To follow along the examples given in this article, we recommend that you look at our Plankton setup guide (packaged with the trial) for how to install and run the API. Once you launch Plankton, navigate to the location where the OpenAPI docs are hosted in your browser, which by default is on http://localhost:8959/docs.

Creating Search Contexts

Before we can begin using the API to annotate text, we must first define the search methodology that DarkShield will use. For that, we need to host a Search Context which defines a set of Search Matchers that we will use to match on the data, as well as a unique name so that we can send search requests to it.

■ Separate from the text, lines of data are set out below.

-- ===== src/RuntimeQueue/Lossless.antt =====
-- What a queue delivers over any sequence of offers and drains.
use gs_flowgraphs.Base.{
  ℕ, ◌+◌, ◌≡◌, refl, ap, sym, ◌∙◌, Bool, true, List, [], ◌∷◌, ◌++◌, map, ◌||◌, ok, inl, inr, ◌↔◌,
  append_assoc, append-nil, arith,
}
use gs_flowgraphs.Base.{ltb, leb, ◌==◌, ==_iff, if◌then◌else◌, length, length-append, Bool-cases}
use mathlib.Core.List.{map-append}
use gs_flowgraphs.RuntimeQueue.{
  BoundedQueue, Entry, init, offer, drain, stats, require_lossless, lossless,
}
use gs_flowgraphs.RuntimeQueue.Invariant.{
  IsAccounted, init-IsAccounted, offer-IsAccounted, drain-IsAccounted,
}

pub data Op (T : Type 0) : Type 0 where
  offering : T → ℕ → Op T
  draining : Op T

-- A queue with what was offered to it, what it took, and what was drained, in order.
pub record History (T : Type 0) : Type 0 where
  pub queue : BoundedQueue T
  pub offered : List T
  pub taken : List T
  pub delivered : List T

module _ {T : Type 0} where
  pub after_offer : History T → T → BoundedQueue T × Bool → History T
  after_offer h item (q, taken) = record {
    queue = q;
    offered = h.offered ++ item ∷ [];
    taken = if taken then h.taken ++ item ∷ [] else h.taken;
    delivered = h.delivered;
  }

  pub after_drain : History T → BoundedQueue T × List T → History T
  after_drain h (q, items) = record h { queue = q; delivered = h.delivered ++ items }

  pub step : History T → Op T → History T
  step h (offering item units) = after_offer h item (offer h.queue item units)
  step h draining = after_drain h (drain h.queue)

  pub run : History T → List (Op T) → History T
  run h [] = h
  run h (op ∷ ops) = run (step h op) ops

  pub start : BoundedQueue T → History T
  start q = record { queue = q; offered = []; taken = []; delivered = [] }

  abbrev pub pending : BoundedQueue T → List T
  pending q = map (λ e. e.item) q.items

  -- First in, first out, and no item unaccounted for.
  pub record IsFaithful (h : History T) : Type 0 where
    pub accounted : IsAccounted h.queue
    pub in_order : h.delivered ++ pending h.queue ≡ h.taken
    pub taken_counted : h.queue.accepted_items ≡ length h.taken
    pub offered_counted : h.queue.accepted_items + h.queue.dropped_items ≡ length h.offered
    pub all_taken : h.queue.dropped_items ≡ 0 → h.taken ≡ h.offered

  length-snoc : (xs : List T) (x : T) → length (xs ++ x ∷ []) ≡ length xs + 1
  length-snoc xs x = omega (arith, length-append xs (x ∷ []))

  pending-snoc :
      (d xs : List T) (es : List (Entry T)) (x : T) (u : ℕ)
      → d ++ map (λ e. e.item) es ≡ xs
      → d ++ map (λ e. e.item) (es ++ record { item = x; units = u } ∷ []) ≡ xs ++ x ∷ []
  pending-snoc d xs es x u e =
      ap (◌++◌ d) (map-append (λ e. e.item) es (record { item = x; units = u } ∷ []))
      ∙ sym (append_assoc d (map (λ e. e.item) es) (x ∷ []))
      ∙ ap (λ l. l ++ x ∷ []) e

  offer-IsFaithful :
      (h : History T) (item : T) (units : ℕ)
      → IsFaithful h
      → IsFaithful (step h (offering item units))
  unfolding step after_offer offer
  offer-IsFaithful h item units f =
      let q = h.queue in
      let refused =
        leb q.capacity_items (length q.items) || ltb q.capacity_units (q.queued_units + units) in
      elim (Bool-cases refused) [
        | inl full ↦ rw full (record {
          accounted = rw full at (offer-IsAccounted q item units f.accounted);
          in_order = f.in_order;
          taken_counted = f.taken_counted;
          offered_counted = omega (arith, f.offered_counted, length-snoc h.offered item);
          all_taken = λ z. absurd (omega arith);
        })
        | inr room ↦ rw room (record {
          accounted = rw room at (offer-IsAccounted q item units f.accounted);
          in_order = pending-snoc h.delivered h.taken q.items item units f.in_order;
          taken_counted = omega (arith, f.taken_counted, length-snoc h.taken item);
          offered_counted = omega (arith, f.offered_counted, length-snoc h.offered item);
          all_taken = λ z. ap (λ l. l ++ item ∷ []) (f.all_taken z);
        })
      ]

  no_items : (es : List (Entry T)) → (length es == 0) ≡ true → es ≡ []
  no_items [] h = refl
  no_items (e ∷ es) h = absurd (omega (arith, (==_iff (length (e ∷ es)) 0).0 h))

  drain-IsFaithful : (h : History T) → IsFaithful h → IsFaithful (step h draining)
  unfolding step after_drain drain
  drain-IsFaithful h f =
      let q = h.queue in
      elim (Bool-cases (length q.items == 0)) [
        | inl empty ↦ rw empty (record {
          accounted = f.accounted;
          in_order = ap (λ l. l ++ pending q) (append-nil h.delivered) ∙ f.in_order;
          taken_counted = f.taken_counted;
          offered_counted = f.offered_counted;
          all_taken = f.all_taken;
        })
        | inr some_items ↦ rw some_items (record {
          accounted = rw some_items at (drain-IsAccounted q f.accounted);
          in_order = append-nil (h.delivered ++ pending q) ∙ f.in_order;
          taken_counted = f.taken_counted;
          offered_counted = f.offered_counted;
          all_taken = f.all_taken;
        })
      ]

  run-IsFaithful : (h : History T) (ops : List (Op T)) → IsFaithful h → IsFaithful (run h ops)
  unfolding run
  run-IsFaithful h [] f = f
  run-IsFaithful h (offering item units ∷ ops) f =
      run-IsFaithful (step h (offering item units)) ops (offer-IsFaithful h item units f)
  run-IsFaithful h (draining ∷ ops) f = run-IsFaithful (step h draining) ops (drain-IsFaithful h f)

  start-IsFaithful :
      (capacity_items capacity_units : ℕ) (q : BoundedQueue T)
      → init capacity_items capacity_units ≡ ok q
      → IsFaithful (start q)
  unfolding init start
  start-IsFaithful ci cu q e = record {
    accounted = init-IsAccounted ci cu q e;
    in_order = ap (map (λ x. x.item)) empty;
    taken_counted = ground arith;
    offered_counted = ground arith;
    all_taken = λ z. refl;
  }
    where
      empty : q.items ≡ []
      empty = ground arith

  -- After any sequence of offers and drains on a new queue, within its capacities and with its
  -- accounts balanced: what was drained, followed by what still waits, is what was taken, in the
  -- order of the offers; items taken and dropped add up to the items offered; and
  -- `require_lossless` accepts the statistics exactly when all that was offered has been taken.
  pub run_faithful :
      (capacity_items capacity_units : ℕ) (q : BoundedQueue T) (ops : List (Op T))
      → init capacity_items capacity_units ≡ ok q
      → let h = run (start q) ops in
        IsAccounted h.queue
        × (h.delivered ++ pending h.queue ≡ h.taken)
        × (length h.taken + h.queue.dropped_items ≡ length h.offered)
        × ((require_lossless (stats h.queue) ≡ lossless) ↔ (h.taken ≡ h.offered))
  unfolding require_lossless stats
  run_faithful ci cu q ops e =
      let f = run-IsFaithful (start q) ops (start-IsFaithful ci cu q e) in
      (
        f.accounted,
        f.in_order,
        omega (arith, f.taken_counted, f.offered_counted),
        (
          (λ z. f.all_taken (ground arith)),
          λ all. ground (arith, f.taken_counted, f.offered_counted, ap length all),
        ),
      )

If you select the /api/darkshield/searchContext.create endpoint, you will be shown a description of the endpoint along with a useful example for how to create one. You can also select other examples from the dropdown:

To execute an example, click on the Try it out button, which adds an Execute button on the bottom and allows you to modify the currently selected example in case you want to tweak it or create your own:

Click Execute to create the example Search Context which you have selected. On the bottom, you will see the curl command that can be used to execute the same command through the command line, as well as the response (which should return a 200 status code with an empty body for a successful execution):

You will note that the name of the Search Context has to be unique, and duplicate Search Contexts are prohibited. If you try to execute the same exact example again, you will get a 400 Bad Request response with an error message stating that the Search Context you were trying to create already exists:

If you wish to change a Search Context, you must first explicitly destroy it by calling the /api/darkshield/searchContext.destroy endpoint. All Search and Mask Contexts will also be destroyed automatically when the server stops, and have to be re-created when Plankton is restarted.

Search Matchers

The OpenAPI document not only provides examples for the searchContext.create endpoint, but also the schema for how a request payload should look like in order for a Search Context to be created. If you are still in example mode, click Cancel to return to the original view, and the click on Schema next to the Examples tab under the Request Body to view the schema for the endpoint:

From this view, you can see that a Search Context requires a name and a list of Search Matchers (with at least one Search Matcher defined). The name of the Search Matcher will be added to an annotation to indicate which matcher was used to annotate it.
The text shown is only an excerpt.